The degree to which the respondent’s improper conduct, as noted by the record, has been influenced by his very poor physical condition cannot be estimated, but the referee who had the parties before him found that “It is the opinion of the Referee that the Respondent is susceptible to rehabilitation and should not be disbarred, although he should be severely disciplined. The Respondent is not a hardened or vicious person who would be a menace to society if permitted at some future time to resume the practice of law. Instead, it is apparent that the Respondent for the past several years has been civic minded and an influence for good through his television program, ‘Law of the Land’, as well as through his work on behalf of the Miami Beach Bar Association, of which he was President in 1960.” We therefore feel that respondent has qualities which indicate that he is a proper subject for rehabilitation, which after all is one of the primary objectives of disciplinary proceedings.

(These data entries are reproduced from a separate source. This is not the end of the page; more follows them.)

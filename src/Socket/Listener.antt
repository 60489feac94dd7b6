-- ===== src/Socket/Listener.antt =====
-- The listener of a stream source that is kept alive, through a reload.
use indigo.Prelude.{ℕ, suc, ◌≡◌, refl, true, false, none, some, List, [], ◌∷◌, ap}
use indigo.Prelude.Bytes.{same, same_refl}
use indigo.Prelude.Int.{pos}
use indigo.Persist.{
  PersistentConfig, PersistentConfigEntry, object, persist_config_add, persist_config_add_entry,
  persist_config_fetch, steal,
}
use indigo.Socket.Limit.{names_differ}
use indigo.Socket.{
  Options, AfSocketSourceDriver, Kept, connection_list, listen_fd, Calls, afsocket_sd_init_instance,
  afsocket_sd_format_persist_name, start_listener, afsocket_sd_init, afsocket_sd_deinit,
}

abbrev pub alive : Options → Options
alive o = record o { stream = true; keep_alive = true }

abbrev inherits : AfSocketSourceDriver → AfSocketSourceDriver
inherits d = record { fd = 0; connections = d.connections; num_connections = pos 0 }

-- the entry at the front is fetched by its name
fetch_front :
    (p : PersistentConfigEntry Kept) (ps : PersistentConfig Kept)
    → persist_config_fetch (some (p ∷ ps)) p.name ≡ (some p.value, some ps)
unfolding persist_config_fetch
fetch_front p ps = rw (same_refl p.name, persist_config_fetch, steal, same_refl p.name) refl

-- an entry of another name is not
fetch_other :
    (p : PersistentConfigEntry Kept) (name : List ℕ)
    → same p.name name ≡ false
    → persist_config_fetch (some (p ∷ [])) name ≡ (none, some (p ∷ []))
unfolding persist_config_fetch
fetch_other p name other = rw (other, persist_config_fetch) refl

abbrev entry : List ℕ → Kept → PersistentConfigEntry Kept
entry name kept = record { name = name; value = object kept; survive_across_restarts = false }

-- a new driver takes the connections and the descriptor of the old one
init-deinit :
    (o : Options) (c : Calls) (d : AfSocketSourceDriver)
    → afsocket_sd_init
        (alive o)
        c
        afsocket_sd_init_instance
        (some (afsocket_sd_deinit (alive o) d []).0)
      ≡ start_listener (alive o) c (inherits d) (some []) (some d.fd)
unfolding afsocket_sd_init afsocket_sd_deinit afsocket_sd_init_instance
init-deinit o c d = by_list d.connections
  where
    names : List ℕ
    names = afsocket_sd_format_persist_name (alive o) false

    listener : PersistentConfigEntry Kept
    listener = entry (afsocket_sd_format_persist_name (alive o) true) (listen_fd (suc d.fd))

    by_list :
        (cs : List ℕ)
        → afsocket_sd_init
            (alive o)
            c
            afsocket_sd_init_instance
            (some (afsocket_sd_deinit (alive o) (record d { connections = cs }) []).0)
          ≡ start_listener
              (alive o)
              c
              (inherits (record d { connections = cs }))
              (some [])
              (some d.fd)
    by_list [] =
        rw (fetch_other listener names (names_differ (alive o) true), fetch_front listener []) refl
    by_list (x ∷ xs) =
        let list = entry names (connection_list (x ∷ xs)) in
        let kept : persist_config_add (list ∷ []) listener.name listener.value
            ≡ list ∷ listener ∷ [] =
          rw (names_differ (alive o) false, persist_config_add, persist_config_add_entry) refl in
        rw (kept, fetch_front list (listener ∷ []), fetch_front listener []) refl

-- A stream source with keep-alive goes through a reload. If listen and setup_socket succeed on the
-- old listener, the new driver listens on it, whether or not another socket could be opened, and
-- has the old connections.
pub afsocket_sd_init-afsocket_sd_deinit :
    (o : Options) (c : Calls) (d : AfSocketSourceDriver)
    → c.listens d.fd ≡ true
    → c.setup d.fd ≡ true
    → let s =
        afsocket_sd_init
          (alive o)
          c
          afsocket_sd_init_instance
          (some (afsocket_sd_deinit (alive o) d []).0) in
      (s.result ≡ true)
      × (s.driver.fd ≡ d.fd)
      × (s.driver.connections ≡ d.connections)
      × (s.closed ≡ [])
unfolding start_listener
afsocket_sd_init-afsocket_sd_deinit o c d listens setup =
    rw (init-deinit o c d, start_listener, listens, setup) (refl, refl, refl, refl)

abbrev none_yet : AfSocketSourceDriver
none_yet = record { fd = 0; connections = []; num_connections = pos 0 }

-- A stream source that is optional and kept alive cannot open its socket, so that it starts without
-- one. At the next reload descriptor 0 is taken for its listener, even if now a socket could be
-- opened. If listen fails on descriptor 0, init fails, as no optional source should, and closes it.
pub afsocket_sd_init_optional :
    (o : Options) (c c' : Calls)
    → o.optional ≡ true
    → c.opened ≡ none
    → c'.listens 0 ≡ false
    → let s = afsocket_sd_init (alive o) c afsocket_sd_init_instance (some []) in
      let s' =
        afsocket_sd_init
          (alive o)
          c'
          afsocket_sd_init_instance
          (some (afsocket_sd_deinit (alive o) s.driver []).0) in
      (s.result ≡ true) × (s'.result ≡ false) × (s'.closed ≡ 0 ∷ [])
unfolding afsocket_sd_init afsocket_sd_init_instance persist_config_fetch start_listener
afsocket_sd_init_optional o c c' optional unopened refused =
    let first : afsocket_sd_init (alive o) c afsocket_sd_init_instance (some []) ≡ record {
      driver = inherits none_yet;
      persist = some [];
      closed = [];
      result = o.optional;
    } =
      ap (start_listener (alive o) c (inherits none_yet) (some [])) unopened in
    rw (first, init-deinit o c' (inherits none_yet), refused) (optional, refl, refl)
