-- ===== src/Socket/Tests.antt =====
-- Sources and destinations with sockets at concrete values.
use indigo.Prelude.{◌+◌, ◌≤◌, ◌≡◌, refl, true, false, none, some, List, [], ◌∷◌, length, arith}
use indigo.Prelude.Bytes.{codes}
use indigo.Prelude.Int.{pos, negsuc, ◌+ℤ◌, ◌-ℤ◌}
use indigo.Socket.{
  Options, AfSocketSourceDriver, Calls, afsocket_sd_init_instance, afsocket_sd_init,
  afsocket_sd_deinit,
}
use indigo.Persist.{persist_config_fetch}
use indigo.Socket.Limit.{Event, accept, ended, reload, run, start, run_limit}
use indigo.Socket.Listener.{alive, afsocket_sd_init-afsocket_sd_deinit, afsocket_sd_init_optional}
use indigo.Socket.Dest
use indigo.Socket.Dest.{
  no_error, in_progress, no_socket, pending, timer_fired, connect_ready, broken, restarted,
  afsocket_dd_init, new,
}
use indigo.Socket.Dest.Alive.{IsAlive, run_alive}

abbrev options : Options
options = record {
  stream = true;
  keep_alive = true;
  optional = true;
  max_connections = 2;
  bind_addr = codes "AF_UNIX(/dev/log)";
}

abbrev calls : Calls
calls = record { opened = some 5; listens = λ fd. true; setup = λ fd. true; setup_none = true }

-- three connections, of which the last is too many; a reload; and one more and the end of two
abbrev events : List Event
events =
    accept (some 6) true true
    ∷ accept (some 7) true true
    ∷ accept (some 8) true true
    ∷ reload calls
    ∷ accept (some 9) true true
    ∷ ended 6
    ∷ ended 7
    ∷ []

run_limit_example :
    ((run options events (start options calls)).driver.num_connections
      ≡ pos (length (run options events (start options calls)).driver.connections)
        -ℤ pos (run options events (start options calls)).inherited)
    × (length (run options events (start options calls)).driver.connections
        ≤ options.max_connections + (run options events (start options calls)).inherited)
run_limit_example = run_limit options calls events

-- the count is below 0 while a connection is there
undercounted :
    ((run options events (start options calls)).driver.connections ≡ 9 ∷ [])
    × ((run options events (start options calls)).driver.num_connections ≡ negsuc 0)
unfolding run start persist_config_fetch ◌+ℤ◌ ◌-ℤ◌ indigo.Socket.afsocket_sd_format_persist_name
undercounted = (refl, refl)

abbrev kept : AfSocketSourceDriver
kept = record { fd = 5; connections = 6 ∷ 7 ∷ []; num_connections = pos 2 }

afsocket_sd_init-afsocket_sd_deinit_example :
    ((afsocket_sd_init
        (alive options)
        calls
        afsocket_sd_init_instance
        (some (afsocket_sd_deinit (alive options) kept []).0)).result
      ≡ true)
    × ((afsocket_sd_init
          (alive options)
          calls
          afsocket_sd_init_instance
          (some (afsocket_sd_deinit (alive options) kept []).0)).driver.fd
        ≡ 5)
    × ((afsocket_sd_init
          (alive options)
          calls
          afsocket_sd_init_instance
          (some (afsocket_sd_deinit (alive options) kept []).0)).driver.connections
        ≡ 6 ∷ 7 ∷ [])
    × ((afsocket_sd_init
          (alive options)
          calls
          afsocket_sd_init_instance
          (some (afsocket_sd_deinit (alive options) kept []).0)).closed
        ≡ [])
afsocket_sd_init-afsocket_sd_deinit_example =
    afsocket_sd_init-afsocket_sd_deinit options calls kept refl refl

abbrev nothing_opens : Calls
nothing_opens = record {
  opened = none;
  listens = λ fd. true;
  setup = λ fd. true;
  setup_none = true;
}

abbrev no_listen : Calls
no_listen = record { opened = some 5; listens = λ fd. false; setup = λ fd. true; setup_none = true }

afsocket_sd_init_optional_example :
    ((afsocket_sd_init (alive options) nothing_opens afsocket_sd_init_instance (some [])).result
      ≡ true)
    × ((afsocket_sd_init (alive options) no_listen afsocket_sd_init_instance (
          some
            (afsocket_sd_deinit
              (alive options)
              (afsocket_sd_init
                (alive options)
                nothing_opens
                afsocket_sd_init_instance
                (some [])).driver
              []).0)).result
        ≡ false)
    × ((afsocket_sd_init (alive options) no_listen afsocket_sd_init_instance (
          some
            (afsocket_sd_deinit
              (alive options)
              (afsocket_sd_init
                (alive options)
                nothing_opens
                afsocket_sd_init_instance
                (some [])).driver
              []).0)).closed
        ≡ 0 ∷ [])
afsocket_sd_init_optional_example =
    afsocket_sd_init_optional options nothing_opens no_listen refl refl refl

-- a connection that is refused, one that comes up later and breaks, and a restart
run_alive_example : IsAlive (
    Dest.run true
      (connect_ready pending
        ∷ timer_fired in_progress
        ∷ connect_ready no_error
        ∷ broken
        ∷ restarted no_socket
        ∷ [])
      (afsocket_dd_init true in_progress (new 1)))
run_alive_example =
    run_alive true in_progress
      (connect_ready pending
        ∷ timer_fired in_progress
        ∷ connect_ready no_error
        ∷ broken
        ∷ restarted no_socket
        ∷ [])
      1 (omega arith)
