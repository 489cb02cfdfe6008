-- ===== src/HttpServer/Query.antt =====
-- `HttpServer::parseQueryParams`, and the split of a request target at its '?' that
-- `HttpServer::handleRequest` makes first.
pub mod Pairs
pub mod Laws
mod Tests
use mathlib.Core.List.{foldl}
use uni_serve_libhttp.Common.{
  ℕ, suc, List, [], ◌∷◌, none, some, if◌then◌else◌, take, drop, Str, empty, find, insert,
}

-- `std::unordered_map<std::string, std::string>`
abbrev pub Params : Type 0
Params = List (Str × Str)

-- The two tests on `key_value.size()`.
unfoldable pub assign : List Str → Params → Params
assign (key ∷ value ∷ []) params = insert key value params
assign (key ∷ []) params = insert key [] params
assign _ params = params

-- The path and the query of a target.
unfoldable pub split_target : Str → Str × Str
split_target target = elim (find b'?' target) [
  | none ↦ (target, [])
  | some query_pos ↦ (take query_pos target, drop (suc query_pos) target)
]

module _ (split : ℕ → Str → List Str) where
  -- One round of the loop over the pairs.
  unfoldable pub parse_pair : Params → Str → Params
  parse_pair params pair = assign (split b'=' pair) params

  unfoldable pub parse_query_params : Str → Params
  unfolding parse_pair assign
  parse_query_params query = if empty query then [] else foldl parse_pair [] (split b'&' query)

Accordingly, the respondent, Stanley S. Stein, is hereby suspended from the practice of law for a period of twelve months from the filing of this opinion and continuously thereafter until he shall have paid the costs of this proceeding in the amount of $1,453.09, and further, thereafter until in accord with Article XI, Rule 11.10 of the Integration Rule he shall demonstrate to the Board of Governors and to this court that he is entitled to be reinstated in the practice of law upon making a showing required by the last cited rule. As a condition to reinstatement, the respondent shall either make restitution to his former clients in the full amount as recommended by the referee if indeed this has not already been done, or in the alternative, exhibit written evidence that the matter has otherwise been concluded satisfactorily. Respondent shall not be entitled to apply for reinstatement for at least twelve months from the filing of this opinion. Until he is reinstated by order of this court, respondent shall not directly or indirectly engage in the practice of law.

It is so ordered.

THOMAS, Acting C. J., and ROBERTS, THORNAL, O’CONNELL and CALDWELL, JT-, concur.